There is not much to see, just some APRS. I am currently working
on the software digital down converters. Using the various memory
resources on the NVIDIA card needs careful planning to obtain
maximum acceleration. I am expecting to be able to have at
least 10 receiver channels running on the card. I have some other ideas
for this Parallel computer like PAPR reduction in DVB-T2.

The SDR I am using is an Ettus research B200 which has a USB3
interface between itself and the P.C. The B200 operates from about
50 MHz to 6 GHz. With about a 32 MHz BW. I put mine in a
Hammond 1455L1601 box as it comes without a case.

The Graphics card I am using is a GTX 680 with 1536 CUDA cores. I am
planning to upgrade that to a GTX 690 which has twice as many cores.
The 690 is actually 2 GTX 680s on one card and appears as two
compute devices. Fortunately as these cards are aimed at the Gamer market
and high end Gamers like to have the best gear so the price of last generation
cards on the used markets is very reasonable. I found Gum Tree to be
a better place to buy them rather than eBay.
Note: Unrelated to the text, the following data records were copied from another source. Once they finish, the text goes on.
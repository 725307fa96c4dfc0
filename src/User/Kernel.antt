-- ===== src/User/Kernel.antt =====
-- The kernel as a program meets it: the interrupt 0x80 with the system calls of the terminal and of
-- the windows (kernel.c registers both).
use tomat_os_old.Common.{ℕ, ◌<◌, ◌≡◌, refl, true, some, Run, done, panic, fault, hang, ◌>>=◌}
use tomat_os_old.Kernel.{Registers}
use tomat_os_old.Drivers.Ps2.{Ports}
use tomat_os_old.Boot.Idt.{irq_ack, irq_syscall}
use tomat_os_old.Boot.Isr.{syscall_end, RegsHandler, Handlers, syscall_init, kernel_irq_handler}
use tomat_os_old.Boot.Isr.Dispatch.{acknowledged}
use tomat_os_old.Graphics.Machine.{Machine, Caller, machine_ports}
use tomat_os_old.Graphics.Window.{Desktop}
use tomat_os_old.Graphics.Terminal.{Terminal}
use tomat_os_old.Graphics.Terminal.Registered.{term_register_syscalls}
use tomat_os_old.Graphics.Window.Registered.{window_register_syscalls}
use tomat_os_old.User.Trap.{served_by, void}
use tomat_os_old.User.Kinds.{SyscallKind, number}

-- The running process in the foreground.
abbrev pub in_front : Caller → Caller
in_front c = record c { foreground = true }

-- The two acknowledgements behind a system call.
abbrev pub acknowledge : {D : Type 0} → Ports D → Machine D → Machine D
acknowledge ports m = irq_ack (machine_ports ports) irq_syscall m

abbrev pub with_windows : {D : Type 0} → Desktop → Machine D → Machine D
with_windows d m = record m { terminal = record m.terminal { desktop = d } }

-- The ports, the handlers that were registered before, and what the handlers read.
module _ {D : Type 0} (ports : Ports D) (c : Caller)
    (syscalls handlers : Handlers (Machine D)) where
  abbrev pub table : Handlers (Machine D)
  table = window_register_syscalls c (term_register_syscalls c syscalls)

  abbrev pub kernel : RegsHandler (Machine D)
  kernel = kernel_irq_handler (machine_ports ports) (syscall_init table handlers)

  -- A system call with a handler runs it, and is acknowledged.
  pub served :
      (kind : SyscallKind) (h : RegsHandler (Machine D)) (regs : Registers) (m : Machine D)
      → number kind < syscall_end
      → table (number kind) ≡ some h
      → kernel (record regs { eax = number kind; int_no = irq_syscall }) m
        ≡ acknowledged
            (machine_ports ports)
            (h (record regs { eax = number kind; int_no = irq_syscall }) m)
  served kind h regs m small found =
      served_by (machine_ports ports) table handlers kind h regs m small found

-- A handler that keeps the registers, seen by the program.
module _ {D : Type 0} (ports : Ports D) where
  pub silently :
      (r : Run Terminal) (regs : Registers) (n : ℕ) (m : Machine D)
      → (let regs' = record regs { eax = n; int_no = irq_syscall } in
          void (
            acknowledged (machine_ports ports) (
              r
              >>= (λ t. done (regs', t))
              >>= (λ (regs, t). done (regs, record m { terminal = t })))))
        ≡ (r
            >>= (λ t. done (0, t))
            >>= (λ (value, t). done (value, acknowledge ports (record m { terminal = t }))))
  silently (done t) regs n m = refl
  silently panic regs n m = refl
  silently fault regs n m = refl
  silently hang regs n m = refl

  pub silently_drawn :
      (r : Run Desktop) (regs : Registers) (n : ℕ) (m : Machine D)
      → (let regs' = record regs { eax = n; int_no = irq_syscall } in
          void (
            acknowledged
              (machine_ports ports)
              (r >>= (λ d. done (regs', d)) >>= (λ (regs, d). done (regs, with_windows d m)))))
        ≡ (r
            >>= (λ d. done (0, d))
            >>= (λ (value, d). done (value, acknowledge ports (with_windows d m))))
  silently_drawn (done d) regs n m = refl
  silently_drawn panic regs n m = refl
  silently_drawn fault regs n m = refl
  silently_drawn hang regs n m = refl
NVIDIA have just announced their Pascal chips with NVLINK which
will provide a quantum leap in performance. Those cards will be available
in 2016. They stack memory and CPU wafers on top of one another and
interconnect using Silicon vias. They will also allow much faster
communication with the host CPU through a shared memory interface.
Even with PCIe v 3 the global memory interface between the motherboard
and the GPU is the main bottle neck.

NVIDIA and partners like IBM are working hard to bring this technology
to other programming environments like Java and Python. They are also
providing application specific libraries for things like Deep Learning
Neural Networks. Maybe one day I will have a Neural Network to work
DX for me while I code.

Well that is it for now, back to my CUDA 6.5 programming / learning.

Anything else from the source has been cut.